No parent is immune from this pressure. When we decide to go on a trip, we have to find a place that provides history and culture, as well as sea and sand. Once we tried the tiny island of Grand Bahama, and found there was nothing more stimulating than a few discarded conch shells to stir the brain cells. So we crossed the Caribbean off our list, declaring it would dumb us down. Then Jamaica was recommended to us as a destination for the thinking family.

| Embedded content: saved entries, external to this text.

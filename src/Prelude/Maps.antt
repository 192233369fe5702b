-- ===== src/Prelude/Maps.antt =====
-- A JavaScript `Map` as the list of its entries in insertion order.
use Prim.Native.Nat.{ℕ}
use Prim.Native.String.{String}
use mathlib.Core.Path.{◌≡◌, refl, ap}
use mathlib.Core.Logic.{◌↔◌, inl, inr, ◌≢◌}
use mathlib.Core.Bool.{Bool, true, false, ◌&&◌}
use mathlib.Core.Option.{Option, none, some}
use mathlib.Core.List.{List, [], ◌∷◌, ◌++◌}
use native.Mathlib.Omega.{arith}
use text.Mathlib.Text.{◌==◌ as str_eq}
use text.Mathlib.TextEquality.{eq_iff}
use smpp_js.Prelude.Tests.{◌==◌, ==_iff, if◌then◌else◌, Bool-cases}

-- The keys that a map can be asked for.
pub record Eq {ℓ} (K : Type ℓ) : Type ℓ where
  pub beq : K → K → Bool
  pub beq_iff : (a b : K) → (beq a b ≡ true) ↔ (a ≡ b)

instance abbrev pub nat_eq : Eq ℕ
nat_eq = record { beq = ◌==◌; beq_iff = ==_iff }

instance abbrev pub string_eq : Eq String
string_eq = record { beq = str_eq; beq_iff = eq_iff }

-- Texts as lists of code units.
abbrev pub text_beq : List ℕ → List ℕ → Bool
text_beq [] [] = true
text_beq (x ∷ xs) (y ∷ ys) = (x == y) && text_beq xs ys
text_beq _ _ = false

pub text_beq_iff : (a b : List ℕ) → (text_beq a b ≡ true) ↔ (a ≡ b)
text_beq_iff [] [] = (λ _. refl, λ _. refl)
text_beq_iff [] (y ∷ ys) = ground arith
text_beq_iff (x ∷ xs) [] = ground arith
text_beq_iff (x ∷ xs) (y ∷ ys) = ground (arith, text_beq_iff xs ys)

instance abbrev pub text_eq : Eq (List ℕ)
text_eq = record { beq = text_beq; beq_iff = text_beq_iff }

module _ {ℓ} {K : Type ℓ} ⦃e : Eq K⦄ where
  pub beq_refl : (k : K) → e.beq k k ≡ true
  beq_refl k = (e.beq_iff k k).1 refl

  pub beq_of_ne : (j k : K) → j ≢ k → e.beq j k ≡ false
  beq_of_ne j k h = elim (Bool-cases (e.beq j k)) [
    | inl same ↦ absurd (h ((e.beq_iff j k).0 same))
    | inr other ↦ other
  ]

module _ {ℓ κ} {K : Type ℓ} {V : Type κ} ⦃e : Eq K⦄ where
  -- `Map.get`
  abbrev pub find : K → List (K × V) → Option V
  find k [] = none
  find k ((j, v) ∷ m) = if e.beq j k then some v else find k m

  -- `Map.delete`
  abbrev pub erase : K → List (K × V) → List (K × V)
  erase k [] = []
  erase k ((j, v) ∷ m) = if e.beq j k then erase k m else (j, v) ∷ erase k m

  -- `Map.set`: a key that is there keeps its place.
  abbrev pub put : K → V → List (K × V) → List (K × V)
  put k v [] = (k, v) ∷ []
  put k v ((j, w) ∷ m) = if e.beq j k then (j, v) ∷ m else (j, w) ∷ put k v m

  -- No key stands twice.
  abbrev pub Distinct : List (K × V) → Type κ
  Distinct [] = Unit
  Distinct ((k, v) ∷ m) = (find k m ≡ none) × Distinct m

  pub find-erase :
      (k j : K) (m : List (K × V)) → find j (erase k m) ≡ (if e.beq k j then none else find j m)
  find-erase k j [] = ground arith
  find-erase k j ((i, v) ∷ m) =
      ground (arith, e.beq_iff k j, e.beq_iff i k, e.beq_iff i j, find-erase k j m)

  pub erase_absent : (k : K) (m : List (K × V)) → find k m ≡ none → erase k m ≡ m
  erase_absent k [] h = refl
  erase_absent k ((j, v) ∷ m) h = ground (arith, erase_absent k m)

  pub erase-Distinct : (k : K) (m : List (K × V)) → Distinct m → Distinct (erase k m)
  erase-Distinct k [] d = d
  erase-Distinct k ((j, v) ∷ m) (n, d) = ground (arith, find-erase k j m, erase-Distinct k m d)

  pub find-append : (k : K) (m n : List (K × V)) → find k m ≡ none → find k (m ++ n) ≡ find k n
  find-append k [] n h = refl
  find-append k ((j, v) ∷ m) n h = ground (arith, find-append k m n)

  pub append-Distinct :
      (m : List (K × V)) (k : K) (v : V)
      → Distinct m
      → find k m ≡ none
      → Distinct (m ++ ((k, v) ∷ []))
  append-Distinct [] k v d h = (refl, tt)
  append-Distinct ((j, w) ∷ m) k v (n, d) h =
      ground (
        arith,
        e.beq_iff j k,
        e.beq_iff k j,
        find-append j m ((k, v) ∷ []),
        append-Distinct m k v d,
      )

  pub find-put :
      (k j : K) (v : V) (m : List (K × V))
      → find j (put k v m) ≡ (if e.beq k j then some v else find j m)
  find-put k j v [] = refl
  find-put k j v ((i, w) ∷ m) =
      ground (arith, e.beq_iff k j, e.beq_iff i k, e.beq_iff i j, find-put k j v m)

  pub put-Distinct : (k : K) (v : V) (m : List (K × V)) → Distinct m → Distinct (put k v m)
  put-Distinct k v [] d = (refl, tt)
  put-Distinct k v ((j, w) ∷ m) (n, d) =
      ground (arith, e.beq_iff j k, e.beq_iff k j, find-put k j v m, put-Distinct k v m d)

-- A test of every entry of a table of names.
module _ {κ} {V : Type κ} where
  abbrev pub every : (String → V → Bool) → List (String × V) → Bool
  every p [] = true
  every p ((k, v) ∷ m) = p k v && every p m

  pub every-find :
      (p : String → V → Bool) (m : List (String × V)) (k : String) (v : V)
      → every p m ≡ true
      → find k m ≡ some v
      → p k v ≡ true
  every-find p [] k v h e = cc
  every-find p ((j, w) ∷ m) k v h e = ground (arith, string_eq.beq_iff j k, every-find p m k v)

-- Whether a lookup found this name.
abbrev pub is_name : Option String → String → Bool
is_name none name = false
is_name (some n) name = string_eq.beq n name

pub is_name_eq : (o : Option String) (name : String) → is_name o name ≡ true → o ≡ some name
is_name_eq none name h = cc
is_name_eq (some n) name h = ap some ((string_eq.beq_iff n name).0 h)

We stayed just outside Falmouth, an atmospheric colonial town, where in 1834 the Declaration of Emancipation, ending slavery, was read out in a Baptist church. Falmouth is a living history lesson, so we could all feel enriched. Once a wealthy, thriving port from which puncheons of rum and hogsheads of wet sugar were exported, it had electricity long before New York. Now the town's main economic activity is the weekly bend-down market - so called because you have to stoop to the floor to inspect the goods laid out on the ground.

Beyond the marketplace, there's the grand Georgian courthouse, the old slave wharves and the early 19th-century church of St Peter the Apostle, financed by slavers and built by slaves. Falmouth was fuelled by the surrounding plantations, and many of the Great Houses, lavish late 18th-century villas built by the plantation owners, still line the road west to Montego Bay. We travelled around one estate in a jitney (an open carriage). At another, the twins learnt to balance a huge bunch of bananas on their heads.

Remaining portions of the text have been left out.